Sociological Science August 24, 2020
10.15195/v7.a15


Social scientists often describe fictional people in survey stimuli using first names. However, which name a researcher chooses may elicit nonrandom impressions, which could confound results. Although past research has examined how names signal race and class, very little has examined whether names signal age, which is a highly salient status characteristic involved in person construal. I test the perceived demographics of 228 American names. I find that most strongly signal age, with older-sounding names much more likely to be perceived as white than as black. Furthermore, participants’ perceptions of the age of a name poorly match with the true average birth year of people with that name, suggesting that researchers cannot simply use birth records as a proxy for perceived age.
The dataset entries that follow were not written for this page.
-- ===== src/Rollup/TransitionProof/Hashing.antt =====
-- What the hash of a proof does not tell apart.
use quids_evm_cpp.Base.{
  ◌≡◌, refl, sym, ap, ◌∙◌, true, false, not, ◌&&◌, [], ◌∷◌, ◌++◌, Bytes, empty, if◌then◌else◌,
}
use mathlib.Core.List.{append_assoc}
use quids_evm_cpp.Rollup.TransitionProof.{ProofData, context, verify, hashed_bytes, compute_hash}

vectors :
    (a b : Bytes) → (if not (empty a) then a else []) ++ (if not (empty b) then b else []) ≡ a ++ b
vectors [] [] = refl
vectors [] (y ∷ b) = refl
vectors (x ∷ a) [] = refl
vectors (x ∷ a) (y ∷ b) = refl

-- The tests for emptiness do not change what is hashed.
hashed_bytes_lem :
    (p : ProofData)
    → hashed_bytes p
      ≡ context
        ++ (p.pre_state_root
            ++ (p.post_state_root ++ (p.transactions_root ++ (p.zk_proof ++ p.quantum_signature))))
unfolding hashed_bytes
hashed_bytes_lem p =
    ap (λ v. context ++ (p.pre_state_root ++ (p.post_state_root ++ (p.transactions_root ++ v))))
      (vectors p.zk_proof p.quantum_signature)

nonempty :
    (a b moved rest : Bytes)
    → not (empty a) && not (empty b) ≡ true
    → empty rest ≡ false
    → not (empty (a ++ moved)) && not (empty rest) ≡ true
nonempty [] b moved rest h left = cc
nonempty (x ∷ a) b moved rest h left = ap not left

-- Bytes moved from the front of the signature to the end of the proof give another value of
-- ProofData with the same hash, whatever the hash function; if some signature stays, it passes
-- `verify` as well.
pub compute_hash-moved :
    (blake3 : Bytes → Bytes) (p : ProofData) (moved rest : Bytes)
    → p.quantum_signature ≡ moved ++ rest
    → verify p ≡ true
    → empty rest ≡ false
    → let q = record p { zk_proof = p.zk_proof ++ moved; quantum_signature = rest } in
      (compute_hash blake3 q ≡ compute_hash blake3 p) × (verify q ≡ true)
unfolding compute_hash verify
compute_hash-moved blake3 p moved rest split verified left =
    let q = record p { zk_proof = p.zk_proof ++ moved; quantum_signature = rest } in
    (
      ap blake3 (
          hashed_bytes_lem q
          ∙ (ap
                (λ v.
                  context
                  ++ (p.pre_state_root ++ (p.post_state_root ++ (p.transactions_root ++ v))))
                (append_assoc p.zk_proof moved rest ∙ ap (λ s. p.zk_proof ++ s) (sym split))
              ∙ sym (hashed_bytes_lem p))),
      nonempty p.zk_proof p.quantum_signature moved rest verified left,
    )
To assist researchers in name selection, I provide a set of candidate names that strongly signal a matrix of combined age, race, and gender categories.
Creative Commons LicenseThis work is licensed under a Creative Commons Attribution 4.0 International License.

Sasha Shen Johfre: Department of Sociology, Stanford University
E-mail: sjohfre@stanford.edu

Acknowledgments: Many thanks to David Pedulla, Jeremy Freese, Amy Johnson, Hesu Yoon, Jennifer Freyd, and Hannah Johfre Shen for their very helpful comments on earlier drafts of this article. This research was made possible through financial support from the Stanford Laboratory for Social Research and the Stanford Center on Longevity.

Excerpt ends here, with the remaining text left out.